Beyond the calls for revisions to the child welfare and abuse laws to prevent false accusations by parents, and to penalise parents who file malicious and unfounded complaints, the teachers are also demanding that the Ministry of Education take their feedback seriously and to do more to protect their rights.
The scale of the rally and rising tensions over the weekend led to Deputy Prime Minister and Minister of Education Lee Ju-ho changing tack and adopting a softer stance toward a separate group of teachers staging a walk-out on Sept 4, dubbed “A Day to Pause Public Education”.
Lee had earlier threatened teachers planning to take leave for the walk-out, saying it would “constitute an illegal strike”.
But on Sunday, he wrote a heartfelt public plea to the teachers, assuring them that his ministry “is in no way different from teachers in its desire to restore teachers’ lost authority”, while gently urging teachers to refrain from collective action and “to be by the students’ side”.
At the private memorial service at the Seoi elementary school on Sept 4, Lee said that he and his colleagues at the ministry “humbly accept the earnest appeals made by teachers”.
“We have learned how big and deep the wounds our teachers have suffered and how great a crisis our schools and classrooms are facing.”
He promised to “listen closely to the voices of teachers in the field” and to take a close look at reforming the education system.
The ministry has since announced it will push for legislative bills to amend the child welfare and abuse laws, and for malicious complaints against teachers to be criminally prosecuted.

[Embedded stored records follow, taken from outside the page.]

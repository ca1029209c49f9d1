-- ===== src/Liquidity/Planning.antt =====
-- What the calculation of the rebalancing does to the chains.
use current_dao_contracts.Base.{
  ℕ, ⊤, ℤ, pos, ◌+ℤ◌, ◌-ℤ◌, ◌<ℤ◌, ltb_ℤ, leb_ℤ, eqb, int_laws, Bool, ◌&&◌, List, [], ◌∷◌, ◌++◌,
  Table, values, filter, ◌≡◌, sym, inl, inr, arith, Bool-cases,
}
use mathlib.Core.Path.{subst}
use current_dao_contracts.Liquidity.Defs.{
  ChainInfo, RebalancingAction, credit, min, plan_from, plan_all, calculate_rebalancing_actions,
  total_liquidity,
}
use current_dao_contracts.Liquidity.Totals.{total-credit, Known, Known-credit}

abbrev pub total_amount : List RebalancingAction → ℤ
total_amount [] = pos 0
total_amount (a ∷ actions) = a.amount +ℤ total_amount actions

abbrev pub AllPositive : List RebalancingAction → Type 0
AllPositive [] = ⊤
AllPositive (a ∷ actions) = (pos 0 <ℤ a.amount) × AllPositive actions

-- Every chain is stored under its own id.
abbrev pub IsIndexed : Table ChainInfo → Type 0
IsIndexed [] = ⊤
IsIndexed ((k, c) ∷ chains) = (k ≡ c.chain_id) × IsIndexed chains

abbrev AllKnown : List ChainInfo → Table ChainInfo → Type 0
AllKnown [] chains = ⊤
AllKnown (d ∷ ds) chains = Known d.chain_id chains × AllKnown ds chains

AllKnown-credit :
    (id : ℕ) (amount : ℤ) (ds : List ChainInfo) (chains : Table ChainInfo)
    → AllKnown ds chains
    → AllKnown ds (credit id amount chains)
AllKnown-credit id amount [] chains h = tt
AllKnown-credit id amount (d ∷ ds) chains (k, h) =
    (Known-credit id d.chain_id amount chains k, AllKnown-credit id amount ds chains h)

total-append :
    (l r : List RebalancingAction) → total_amount (l ++ r) ≡ total_amount l +ℤ total_amount r
total-append [] r = grind int_laws
total-append (a ∷ l) r = let ih = total-append l r in grind int_laws

AllPositive-append :
    (l r : List RebalancingAction) → AllPositive l → AllPositive r → AllPositive (l ++ r)
AllPositive-append [] r h k = k
AllPositive-append (a ∷ l) r (p, h) k = (p, AllPositive-append l r h k)

-- What a plan does: the chains gain what its actions are to move, and nothing is taken from any.
record Planned (chains : Table ChainInfo) (deficits : List ChainInfo)
    (plan : List RebalancingAction × Table ChainInfo) : Type 0 where
  pub gains : total_liquidity plan.1 ≡ total_liquidity chains +ℤ total_amount plan.0
  pub positive : AllPositive plan.0
  pub known : AllKnown deficits plan.1

plan_from-Planned :
    (source : ℕ) (surplus : ℤ) (deficits all : List ChainInfo) (chains : Table ChainInfo)
    → AllKnown deficits chains
    → AllKnown all chains
    → Planned chains all (plan_from source surplus deficits chains)
unfolding plan_from
plan_from-Planned source surplus [] all chains h k = record {
  gains = grind int_laws;
  positive = tt;
  known = k;
}
plan_from-Planned source surplus (d ∷ deficits) all chains ((c, at), h) k =
    let now = c.current_liquidity in
    let to_move = min surplus (d.target_liquidity -ℤ now) in
    let credited = credit d.chain_id to_move chains in
    let moved =
      plan_from-Planned source (surplus -ℤ to_move) deficits all credited
        (AllKnown-credit d.chain_id to_move deficits chains h)
        (AllKnown-credit d.chain_id to_move all chains k) in
    let skipped = plan_from-Planned source surplus deficits all chains h k in
    let more = plan_from source (surplus -ℤ to_move) deficits credited in
    let action : RebalancingAction = record {
      from_chain = source;
      to_chain = d.chain_id;
      amount = to_move;
    } in
    let gained = total-credit d.chain_id to_move c chains at in
    elim (Bool-cases (leb_ℤ surplus (pos 0))) [
      | inl over ↦
          let same : plan_from source surplus (d ∷ deficits) chains ≡ ([], chains) = ground arith in
          subst (Planned chains all) (sym same)
            (record { gains = grind int_laws; positive = tt; known = k })
      | inr left ↦ elim (Bool-cases (ltb_ℤ (pos 0) to_move)) [
        | inl moves ↦
            let same : plan_from source surplus (d ∷ deficits) chains ≡ (action ∷ more.0, more.1) =
              ground arith in
            let gains = moved.gains in
            subst (Planned chains all) (sym same) (record {
              gains = grind int_laws;
              positive = (ground arith, moved.positive);
              known = moved.known;
            })
        | inr idle ↦
            let same : plan_from source surplus (d ∷ deficits) chains
                ≡ plan_from source surplus deficits chains =
              ground arith in
            subst (Planned chains all) (sym same) skipped
      ]
    ]

plan_all-Planned :
    (excess deficits : List ChainInfo) (chains : Table ChainInfo)
    → AllKnown deficits chains
    → Planned chains deficits (plan_all excess deficits chains)
unfolding plan_all
plan_all-Planned [] deficits chains h = record { gains = grind int_laws; positive = tt; known = h }
plan_all-Planned (c ∷ excess) deficits chains h =
    let surplus = c.current_liquidity -ℤ c.target_liquidity in
    let one = plan_from c.chain_id surplus deficits chains in
    let first = plan_from-Planned c.chain_id surplus deficits deficits chains h h in
    let two = plan_all excess deficits one.1 in
    let rest = plan_all-Planned excess deficits one.1 first.known in
    let sum = total-append one.0 two.0 in
    let g = first.gains in
    let g' = rest.gains in
    record {
      gains = grind int_laws;
      positive = AllPositive-append one.0 two.0 first.positive rest.positive;
      known = rest.known;
    }

AllKnown-cons :
    (k : ℕ) (c : ChainInfo) (ds : List ChainInfo) (chains : Table ChainInfo)
    → AllKnown ds chains
    → AllKnown ds ((k, c) ∷ chains)
AllKnown-cons k c [] chains h = tt
AllKnown-cons k c (d ∷ ds) chains ((e, at), h) = (
  elim (Bool-cases (eqb k d.chain_id)) [
    | inl here ↦ (c, ground arith)
    | inr elsewhere ↦ (e, ground arith)
  ],
  AllKnown-cons k c ds chains h,
)

AllKnown-values : (chains : Table ChainInfo) → IsIndexed chains → AllKnown (values chains) chains
AllKnown-values [] h = tt
AllKnown-values ((k, c) ∷ chains) (same, h) =
    ((c, ground arith), AllKnown-cons k c (values chains) chains (AllKnown-values chains h))

AllKnown-filter :
    (keep : ChainInfo → Bool) (ds : List ChainInfo) (chains : Table ChainInfo)
    → AllKnown ds chains
    → AllKnown (filter keep ds) chains
AllKnown-filter keep [] chains h = tt
AllKnown-filter keep (d ∷ ds) chains (k, h) = elim (Bool-cases (keep d)) [
  | inl kept ↦ rw kept (k, AllKnown-filter keep ds chains h)
  | inr dropped ↦ rw dropped (AllKnown-filter keep ds chains h)
]

-- The calculation of the rebalancing adds to the chains, in all, the amounts of its actions, each of
-- which is positive, before any of them is bridged, if every chain is stored under its own id.
pub planning_creates :
    (chains : Table ChainInfo)
    → IsIndexed chains
    → let (actions, later) = calculate_rebalancing_actions chains in
      (total_liquidity later ≡ total_liquidity chains +ℤ total_amount actions) × AllPositive actions
unfolding calculate_rebalancing_actions
planning_creates chains h =
    let deficit : ChainInfo → Bool =
      λ c. c.active && ltb_ℤ c.current_liquidity c.target_liquidity in
    let excess : ChainInfo → Bool = λ c. c.active && ltb_ℤ c.target_liquidity c.current_liquidity in
    let p =
      plan_all-Planned (filter excess (values chains)) (filter deficit (values chains)) chains
        (AllKnown-filter deficit (values chains) chains (AllKnown-values chains h)) in
    (p.gains, p.positive)
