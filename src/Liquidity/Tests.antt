-- ===== src/Liquidity/Tests.antt =====
-- Two chains, and the theorems at them.
use current_dao_contracts.Base.{
  ℕ, ℤ, pos, negsuc, ◌+ℤ◌, ◌-ℤ◌, ◌≡◌, refl, true, false, some, [], ◌∷◌, Table, find, put, ok, arith,
}
use current_dao_contracts.Liquidity.Defs.{
  ChainInfo, LiquidityPool, credit, debit, begin_bridge, finish_bridge, bridge,
  calculate_rebalancing_actions, total_liquidity, bridge_each, rebalance,
}
use current_dao_contracts.Liquidity.Bridging.{
  start, next, begins, finishes, bridging_conserves, overlap_overdraws,
}
use current_dao_contracts.Liquidity.Planning.{AllPositive, total_amount, planning_creates}

abbrev chain : ℕ → ℤ → ℤ → ChainInfo
chain id current target = record {
  chain_id = id;
  name = "c";
  native_asset = "a";
  current_liquidity = current;
  target_liquidity = target;
  active = true;
}

abbrev chains : Table ChainInfo
chains = (1, chain 1 (pos 150) (pos 100)) ∷ (2, chain 2 (pos 60) (pos 100)) ∷ []

abbrev p : LiquidityPool
p = record { chains = chains; positions = []; is_emergency = false; waiting = [] }

bridging_conserves_example :
    total_liquidity (finish_bridge (bridge 2 1 (pos 60) (bridge 1 2 (pos 150) p).1).1).chains
    ≡ total_liquidity p.chains
bridging_conserves_example =
    bridging_conserves tt
      (next (next (next start (begins 1 2 (pos 150))) (begins 2 1 (pos 60))) finishes)

overlap_overdraws_example :
    let p1 = (begin_bridge 1 2 (pos 150) p).1 in
    let p2 = (begin_bridge 1 2 (pos 100) p1).1 in
    ((begin_bridge 1 2 (pos 150) p).0 ≡ ok tt)
    × ((begin_bridge 1 2 (pos 100) p1).0 ≡ ok tt)
    × ((c' : ChainInfo) × (find 1 (finish_bridge (finish_bridge p2)).chains ≡ some c')
        × (c'.current_liquidity ≡ pos 150 -ℤ pos 150 -ℤ pos 100))
overlap_overdraws_example =
    overlap_overdraws p 1 2 (pos 150) (pos 100) (chain 1 (pos 150) (pos 100))
      (chain 2 (pos 60) (pos 100)) refl refl refl refl refl refl (omega arith) (omega arith)

-- What is left is below zero.
overdrawn_test : pos 150 -ℤ pos 150 -ℤ pos 100 ≡ negsuc 99
unfolding ◌-ℤ◌
overdrawn_test = refl

planning_creates_example :
    let (actions, later) = calculate_rebalancing_actions chains in
    (total_liquidity later ≡ total_liquidity chains +ℤ total_amount actions) × AllPositive actions
planning_creates_example = planning_creates chains (refl, (refl, tt))

-- A rebalancing of 210 in all leaves 250.
rebalanced_test : total_liquidity (rebalance p).1.chains ≡ pos 250
unfolding rebalance bridge_each calculate_rebalancing_actions begin_bridge finish_bridge credit
    debit put ◌-ℤ◌ ◌+ℤ◌
rebalanced_test = refl
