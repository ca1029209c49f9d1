-- ===== src/MultiSig/Defs.antt =====
-- contracts/multisig/DAOMultiSig.ts, method by method, with MultiSigLib and the structures.
-- `getTransactionCount` reads a field, and `triggerEmergencyRecovery` writes a line to the console and
-- nothing else.
use current_dao_contracts.Base.{
  ⊤, length, ℤ, pos, ◌+ℤ◌, ◌-ℤ◌, ltb_ℤ, leb_ℤ, String, ◌==◌, concat, slice_to, show_number, Bool,
  true, false, not, ◌&&◌, ◌||◌, none, some, List, [], ◌∷◌, Dict, get, set, delete, has_key, Set,
  map, has, add, add_all, remove, Outcome, ok, throws, Call, pure, gets, throw_if, or_throw, modify,
  ◌>>=◌, ◌>>◌, if◌then◌else◌, get_or,
}

pub record Transaction : Type 0 where
  pub id : String
  pub to : String
  pub value : ℤ
  pub payload : String  -- `data`
  pub executed : Bool
  pub num_confirmations : ℤ
  pub timestamp : ℤ
  pub deadline : ℤ

pub record AggregatedSignature : Type 0 where
  pub voter : String
  pub confirmed : Bool
  pub timestamp : ℤ

-- `MultiSigLib.isReady`
unfoldable pub is_ready : Transaction → ℤ → Bool
is_ready transaction threshold =
    leb_ℤ threshold transaction.num_confirmations && not transaction.executed

-- `MultiSigLib.isValid`
unfoldable pub is_valid : Transaction → ℤ → Bool
is_valid transaction current_time =
    leb_ℤ current_time transaction.deadline && not transaction.executed

-- `MultiSigLib.hash`; `data` takes no part in it.
unfoldable pub hash : ℤ → String → ℤ → String → ℤ → String
unfolding show_number
hash now to value payload nonce = concat (
    "MS_TX_"
    ∷ slice_to 6 to
    ∷ "_"
    ∷ show_number value
    ∷ "_"
    ∷ show_number nonce
    ∷ "_"
    ∷ show_number now
    ∷ [])

pub record MultiSig : Type 0 where
  pub transactions : Dict Transaction
  pub confirmations : Dict (Dict AggregatedSignature)
  pub owners : Set
  pub num_confirmations_required : ℤ
  pub transaction_count : ℤ

-- The constructor throws on a threshold that is below 1 or above the number of names given.
unfoldable pub new : List String → ℤ → Outcome MultiSig
new initial_owners initial_threshold =
    if ltb_ℤ (pos (length initial_owners)) initial_threshold || ltb_ℤ initial_threshold (pos 1)
    then throws "MultiSig: invalid parameters"
    else ok (record {
      transactions = [];
      confirmations = [];
      owners = add_all initial_owners [];
      num_confirmations_required = initial_threshold;
      transaction_count = pos 0;
    })

unfoldable pub only_owners : String → Call MultiSig ⊤
only_owners sender = do
  throw_if (← gets (λ s. not (has sender s.owners))) "MultiSig: caller is not an owner"

-- `onlyMultiSigRequirement`
unfoldable pub only_self : String → Call MultiSig ⊤
only_self sender =
    throw_if (not (sender == "0xSelf")) "MultiSig: can only be called by multisig itself"

-- `7 * 24 * 60 * 60 * 1000`
abbrev pub lifetime : ℤ
lifetime = pos 604800000

-- The transaction that `submitTransaction` stores.
unfoldable pub submitted : ℤ → String → String → ℤ → String → Transaction
submitted now id to value payload = record {
  id = id;
  to = to;
  value = value;
  payload = payload;
  executed = false;
  num_confirmations = pos 0;
  timestamp = now;
  deadline = now +ℤ lifetime;
}

unfoldable pub submit_transaction : ℤ → String → ℤ → String → String → Call MultiSig String
unfolding only_owners submitted
submit_transaction now to value payload sender = do
  only_owners sender
  tx_id ← gets (λ s. hash now to value payload s.transaction_count)
  modify λ s. record s { transaction_count = s.transaction_count +ℤ pos 1 }
  modify λ s. record s {
    transactions = set tx_id (submitted now tx_id to value payload) s.transactions;
  }
  modify λ s. record s { confirmations = set tx_id [] s.confirmations }
  pure tx_id

-- `this.confirmations.get(id)!`: it is there for every transaction (`Counts`).
abbrev pub confirmations_of : String → MultiSig → Dict AggregatedSignature
confirmations_of id s = get_or (get id s.confirmations) []

unfoldable pub confirm_transaction : ℤ → String → String → Call MultiSig ⊤
unfolding only_owners
confirm_transaction now id sender = do
  only_owners sender
  tx ← or_throw (← gets (λ s. get id s.transactions)) "MultiSig: transaction not found"
  throw_if tx.executed "MultiSig: transaction already executed"
  throw_if (← gets (λ s. has_key sender (confirmations_of id s))) "MultiSig: already confirmed"
  modify λ s. record s {
    confirmations =
        set id
          (set sender (record { voter = sender; confirmed = true; timestamp = now })
            (confirmations_of id s))
          s.confirmations;
  }
  modify λ s. record s {
    transactions =
        set id (record tx { num_confirmations = tx.num_confirmations +ℤ pos 1 }) s.transactions;
  }

unfoldable pub execute_transaction : ℤ → String → String → Call MultiSig ⊤
unfolding only_owners is_valid
execute_transaction now id sender = do
  only_owners sender
  tx ← or_throw (← gets (λ s. get id s.transactions)) "MultiSig: transaction not found"
  throw_if tx.executed "MultiSig: transaction already executed"
  throw_if (← gets (λ s. ltb_ℤ tx.num_confirmations s.num_confirmations_required))
      "MultiSig: insufficient confirmations"
  throw_if (not (is_valid tx now)) "MultiSig: transaction expired"
  modify λ s. record s { transactions = set id (record tx { executed = true }) s.transactions }

unfoldable pub revoke_confirmation : String → String → Call MultiSig ⊤
unfolding only_owners
revoke_confirmation id sender = do
  only_owners sender
  tx ← or_throw (← gets (λ s. get id s.transactions)) "MultiSig: transaction not found"
  throw_if tx.executed "MultiSig: transaction already executed"
  throw_if (← gets (λ s. not (has_key sender (confirmations_of id s)))) "MultiSig: not confirmed"
  modify λ s. record s {
    confirmations = set id (delete sender (confirmations_of id s)) s.confirmations;
  }
  modify λ s. record s {
    transactions =
        set id (record tx { num_confirmations = tx.num_confirmations -ℤ pos 1 }) s.transactions;
  }

unfoldable pub update_threshold : ℤ → String → Call MultiSig ⊤
unfolding only_self
update_threshold new_threshold sender = do
  only_self sender
  throw_if
      (← gets (λ s. ltb_ℤ (pos (length s.owners)) new_threshold || ltb_ℤ new_threshold (pos 1)))
      "MultiSig: invalid threshold"
  modify λ s. record s { num_confirmations_required = new_threshold }

unfoldable pub add_owner : String → String → Call MultiSig ⊤
unfolding only_self
add_owner new_owner sender = do
  only_self sender
  throw_if (← gets (λ s. has new_owner s.owners)) "MultiSig: already an owner"
  modify λ s. record s { owners = add new_owner s.owners }

unfoldable pub remove_owner : String → String → Call MultiSig ⊤
unfolding only_self
remove_owner owner sender = do
  only_self sender
  throw_if (← gets (λ s. not (has owner s.owners))) "MultiSig: not an owner"
  throw_if (← gets (λ s. ltb_ℤ (pos (length s.owners) -ℤ pos 1) s.num_confirmations_required))
      "MultiSig: cannot remove owner, threshold would be impossible"
  modify λ s. record s { owners = remove owner s.owners }

-- `isConfirmed`; a comparison with `undefined` is false.
unfoldable pub is_confirmed : String → MultiSig → Bool
is_confirmed id s = elim (get id s.transactions) [
  | none ↦ false
  | some tx ↦ leb_ℤ s.num_confirmations_required tx.num_confirmations
]

unfoldable pub get_owners : MultiSig → Set
get_owners s = s.owners

unfoldable pub get_transaction : String → Call MultiSig Transaction
get_transaction id = do
  found ← gets (λ s. get id s.transactions)
  or_throw found "MultiSig: transaction not found"

unfoldable pub get_confirmations : String → MultiSig → List AggregatedSignature
get_confirmations id s = map (λ e. e.1) (confirmations_of id s)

It also pledged a review of teachers’ rights every five years, to be tabled to the national assembly.
But to both Won and Kang, the changes announced are still too little and may be too late.
Won said: “What the ministry is proposing are just guidelines and legislative bills. These are still of lower precedence than the child welfare and abuse laws.”
Kang, who is currently on a leave of absence for medical reasons and is mulling a resignation, said: “For the sake of passionate teachers who still want to protect children who are innocent, it is crucial that the child abuse law is amended immediately to allow for separation from students exhibiting problematic behaviour.” — The Straits Times/Asia News Network
Wendy Teo is The Straits Times’ South Korea Correspondent.